* Data provided *

-- ===== src/Transport/Frame/Exchange.antt =====
-- The properties that a request, the polling and a reply keep.
use platform_external_nos_ho.Base.{
  ℕ, zero, suc, ◌+◌, ◌-◌, ◌%◌, ◌^◌, ◌<◌, min, bit_or, List, is_nonzero, Option, some, take, drop,
  Acc, dec_lt, lt_wf, arith, Bool-cases, Option-cases, inl, inr, ◌≡◌, ◌==◌, ◌||◌,
}
use mathlib.Core.Logic.{dif_pos, dif_neg}
use native.Mathlib.Bridge.{le_prop}
use platform_external_nos_ho.Crc16.{crc16_update}
use platform_external_nos_ho.Application.AppStatus.{app_success}
use platform_external_nos_ho.Application.Command.{cmd_set_param, cmd_more_to_come}
use platform_external_nos_ho.Application.Status.{TransportStatus, transport_v0, encode_command_info}
use platform_external_nos_ho.Device.{Platform, Timespec, max_device_transfer}
use platform_external_nos_ho.Transport.Context.{
  TransportContext, Reply, crc_retry_count, poll_limit_seconds,
}
use platform_external_nos_ho.Transport.Retry.{nos_device_read, nos_device_write}
use platform_external_nos_ho.Transport.Status.{get_status}
use platform_external_nos_ho.Transport.Send.{
  bytes_at, advance, chunk-lt, send_loop, data_command, go_command, sent_len, command_info,
  send_command,
}
use platform_external_nos_ho.Transport.Poll.{poll_loop, poll_until_done}
use platform_external_nos_ho.Transport.Receive.{
  gimme-lt, receive_loop, reply_command, receive_tries, receive_reply,
}
use platform_external_nos_ho.Transport.Frame.{
  IsKept, nos_device_read-kept, nos_device_write-kept, get_status-kept,
}

module _ {W : Type 0} (platform : Platform W) (ctx : TransportContext W) (P : W → Type 0)
    (kept : IsKept platform ctx.dev P) where
  send_loop-kept :
      (command : ℕ) (args : Option (List ℕ)) (n : ℕ) (acc : Acc ◌<◌ n) (w : W)
      → P w
      → P (send_loop platform ctx command args n acc w).1
  unfolding send_loop
  send_loop-kept command args n (Acc.intro _ smaller) w h =
      let ulen = min n max_device_transfer in
      let command' = cmd_set_param command ulen in
      let (err, w') = nos_device_write platform ctx.dev command' (bytes_at args ulen) w in
      let once : P w' =
        nos_device_write-kept platform ctx.dev P kept command' (bytes_at args ulen) w h in
      elim (Bool-cases (is_nonzero err)) [
        | inl bad ↦ rw bad once
        | inr good ↦ rw good (elim (dec_lt 0 (n - ulen)) [
          | yes more ↦ rw (dif_pos (dec_lt 0 (n - ulen)) le_prop more) (
              send_loop-kept (bit_or command' cmd_more_to_come) (advance args ulen) (n - ulen)
                (smaller (n - ulen) (chunk-lt n more)) w' once)
          | no done ↦ rw (dif_neg (dec_lt 0 (n - ulen)) done) once
        ])
      ]

  pub send_command-kept : (r : Reply) (w : W) → P w → P (send_command platform ctx r w).1
  unfolding send_command
  send_command-kept r w h =
      let n = sent_len platform ctx in
      let sent = send_loop platform ctx (data_command platform ctx) ctx.args n (lt_wf.apply n) w in
      let info = encode_command_info (command_info platform ctx r) in
      let h₁ : P sent.1 =
        send_loop-kept (data_command platform ctx) ctx.args n (lt_wf.apply n) w h in
      let h₂ : P (nos_device_write platform ctx.dev (go_command platform ctx) info sent.1).1 =
        nos_device_write-kept platform ctx.dev P kept (go_command platform ctx) info sent.1 h₁ in
      ground arith

  receive_loop-kept :
      (command : ℕ) (buf : List ℕ) (left got crc : ℕ) (acc : Acc ◌<◌ left) (w : W)
      → P w
      → P (receive_loop platform ctx command buf left acc got crc w).1
  unfolding receive_loop
  receive_loop-kept command buf left got crc (Acc.intro _ smaller) w h = elim (dec_lt 0 left) [
    | no done ↦ rw (dif_neg (dec_lt 0 left) done) h
    | yes more ↦
        let gimme = min left max_device_transfer in
        let answer = nos_device_read platform ctx.dev command (take gimme buf) w in
        let once : P answer.1 =
          nos_device_read-kept platform ctx.dev P kept command (take gimme buf) w h in
        let later =
          receive_loop-kept (bit_or command cmd_more_to_come) (drop gimme buf) (left - gimme)
            ((got + gimme) % 2 ^ 16) (crc16_update answer.0.1 crc)
            (smaller (left - gimme) (gimme-lt left more)) answer.1 once in
        rw (dif_pos (dec_lt 0 left) le_prop more) (elim (Bool-cases (is_nonzero answer.0.0)) [
          | inl bad ↦ rw bad once
          | inr good ↦ rw good later
        ])
  ]

  receive_tries-kept :
      (retries : ℕ) (status : TransportStatus) (reply_len : ℕ) (buf : List ℕ) (w : W)
      → P w
      → P (receive_tries platform ctx retries status reply_len buf w).1
  unfolding receive_tries
  receive_tries-kept zero status reply_len buf w h = h
  receive_tries-kept (suc retries) status reply_len buf w h =
      let n = min reply_len status.reply_len % 2 ^ 16 in
      let looped =
        receive_loop platform ctx (reply_command platform ctx) buf n (lt_wf.apply n) 0 0 w in
      let r = looped.0 in
      let once : P looped.1 =
        receive_loop-kept (reply_command platform ctx) buf n 0 0 (lt_wf.apply n) w h in
      let again = receive_tries-kept retries status r.got r.bytes looped.1 once in
      elim (Bool-cases (r.res == app_success)) [
        | inr bad ↦ rw bad once
        | inl good ↦
            elim (Bool-cases (status.version == transport_v0 || r.crc == status.reply_crc)) [
              | inl done ↦ rw (good, done) once
              | inr wrong ↦ rw (good, wrong) again
            ]
      ]

  pub receive_reply-kept :
      (status : TransportStatus) (reply_len : ℕ) (buf : List ℕ) (w : W)
      → P w
      → P (receive_reply platform ctx status reply_len buf w).1
  unfolding receive_reply
  receive_reply-kept status reply_len buf w h =
      receive_tries-kept crc_retry_count status reply_len buf w h

  poll_loop-kept :
      (fuel : ℕ) (abort_at : Timespec) (w w' : W) (answer : ℕ × TransportStatus)
      → P w
      → poll_loop platform ctx fuel abort_at w ≡ some (answer, w')
      → P w'
  unfolding poll_loop
  poll_loop-kept zero abort_at w w' answer h e = cc
  poll_loop-kept (suc fuel) abort_at w w' answer h e =
      let w₁ = (get_status platform ctx w).1 in
      let w₂ = (platform.clock_gettime w₁).1 in
      let h₁ : P w₁ = get_status-kept platform ctx P kept w h in
      let h₂ : P w₂ = kept.timing w₁ h₁ in
      ground (arith, poll_loop-kept fuel abort_at w₂ w' answer h₂)

  pub poll_until_done-kept :
      (fuel : ℕ) (s₀ : TransportStatus) (w w' : W) (answer : ℕ × TransportStatus)
      → P w
      → poll_until_done platform ctx fuel s₀ w ≡ some (answer, w')
      → P w'
  unfolding poll_until_done
  poll_until_done-kept fuel s₀ w w' answer h e =
      let h₁ : P (platform.clock_gettime w).1 = kept.timing w h in
      elim (Option-cases (platform.clock_gettime w).0) [
        | inl fails ↦ ground (arith, rw (fails, poll_until_done) at e)
        | inr (now, shown) ↦
            poll_loop-kept fuel (record now { tv_sec = now.tv_sec + poll_limit_seconds }) _ w'
              answer h₁ (rw (shown, poll_until_done) at e)
      ]
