-- ===== src/Transport/Frame/Whole.antt =====
-- The properties that a whole call keeps.
use mathlib.Core.Option
use platform_external_nos_ho.Base.{ℕ, zero, suc, ◌≡◌, [], some, arith, Option-cases, inl, inr}
use platform_external_nos_ho.Application.Status.{TransportStatus, decode_status, status_max_length}
use platform_external_nos_ho.Device.{Platform}
use platform_external_nos_ho.Transport.Context.{
  TransportContext, Reply, crc_retry_count, retry_wait_time_us,
}
use platform_external_nos_ho.Transport.Status.{clear_status}
use platform_external_nos_ho.Transport.Ready.{make_ready}
use platform_external_nos_ho.Transport.Send.{send_command}
use platform_external_nos_ho.Transport.Poll.{poll_until_done}
use platform_external_nos_ho.Transport.Receive.{receive_reply}
use platform_external_nos_ho.Transport.Call.{
  Attempts, returned, ended, attempts, hide_checksum, finish, nos_call_application,
}
use platform_external_nos_ho.Transport.Frame.{IsKept, clear_status-kept, make_ready-kept}
use platform_external_nos_ho.Transport.Frame.Exchange.{
  send_command-kept, receive_reply-kept, poll_until_done-kept,
}

module _ {W : Type 0} (platform : Platform W) (ctx : TransportContext W) (P : W → Type 0)
    (kept : IsKept platform ctx.dev P) where
  attempts-kept :
      (fuel retries code : ℕ) (r : Reply) (status : TransportStatus) (w w' : W) (a : Attempts)
      → P w
      → attempts platform ctx fuel retries r code status w ≡ some (a, w')
      → P w'
  unfolding attempts
  attempts-kept fuel zero code r status w w' a h e = ground arith
  attempts-kept fuel (suc retries) code r status w w' a h e =
      let w₁ = (make_ready platform ctx w).1 in
      let w₂ = (send_command platform ctx r w₁).1 in
      let h₁ : P w₁ = make_ready-kept platform ctx P kept w h in
      let h₂ : P w₂ = send_command-kept platform ctx P kept r w₁ h₁ in
      elim (Option-cases (poll_until_done platform ctx fuel status w₂)) [
        | inl stuck ↦ ground arith
        | inr (((code', status'), w₃), polled) ↦
            let h₃ : P w₃ =
              poll_until_done-kept platform ctx P kept fuel status w₂ w₃ (code', status') h₂
                polled in
            let slept = platform.usleep retry_wait_time_us w₃ in
            let h₄ : P slept = kept.sleeping retry_wait_time_us w₃ h₃ in
            ground (
              arith,
              attempts-kept fuel retries code' r status' w₃ w' a h₃,
              attempts-kept fuel retries code' r status' slept w' a h₄,
            )
      ]

  finish-kept :
      (code : ℕ) (status : TransportStatus) (r : Reply) (w : W)
      → P w
      → P (finish platform ctx code status r w).1
  unfolding finish
  finish-kept code status r w h =
      let got =
        receive_reply platform ctx status (Option.get_or r.reply_len 0) (Option.get_or r.reply [])
          w in
      let h₁ : P got.1 = receive_reply-kept platform ctx P kept status _ _ w h in
      let h₂ : P (clear_status platform ctx got.1).1 =
        clear_status-kept platform ctx P kept got.1 h₁ in
      let h₃ : P (clear_status platform ctx w).1 = clear_status-kept platform ctx P kept w h in
      ground arith

  -- A whole call keeps what the device, the sleep and the clock keep.
  pub nos_call_application-kept :
      (fuel : ℕ) (r : Reply) (w w' : W) (answer : ℕ × Reply)
      → P w
      → nos_call_application platform ctx fuel r w ≡ some (answer, w')
      → P w'
  unfolding nos_call_application
  nos_call_application-kept fuel r w w' answer h e =
      let undefined = decode_status (platform.uninitialised status_max_length) in
      elim (Option-cases (attempts platform ctx fuel crc_retry_count r 0 undefined w)) [
        | inl stuck ↦ ground arith
        | inr ((returned res, w₁), ends) ↦
            ground
              (arith, attempts-kept fuel crc_retry_count 0 r undefined w w₁ (returned res) h ends)
        | inr ((ended code status, w₁), ends) ↦
            let h₁ : P w₁ =
              attempts-kept fuel crc_retry_count 0 r undefined w w₁ (ended code status) h ends in
            ground (arith, finish-kept (hide_checksum code) status r w₁ h₁)
      ]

* Task statement *
Your answer must be a single number, the count of lines in the data that hold the string "advance".

* Reply to the task *
2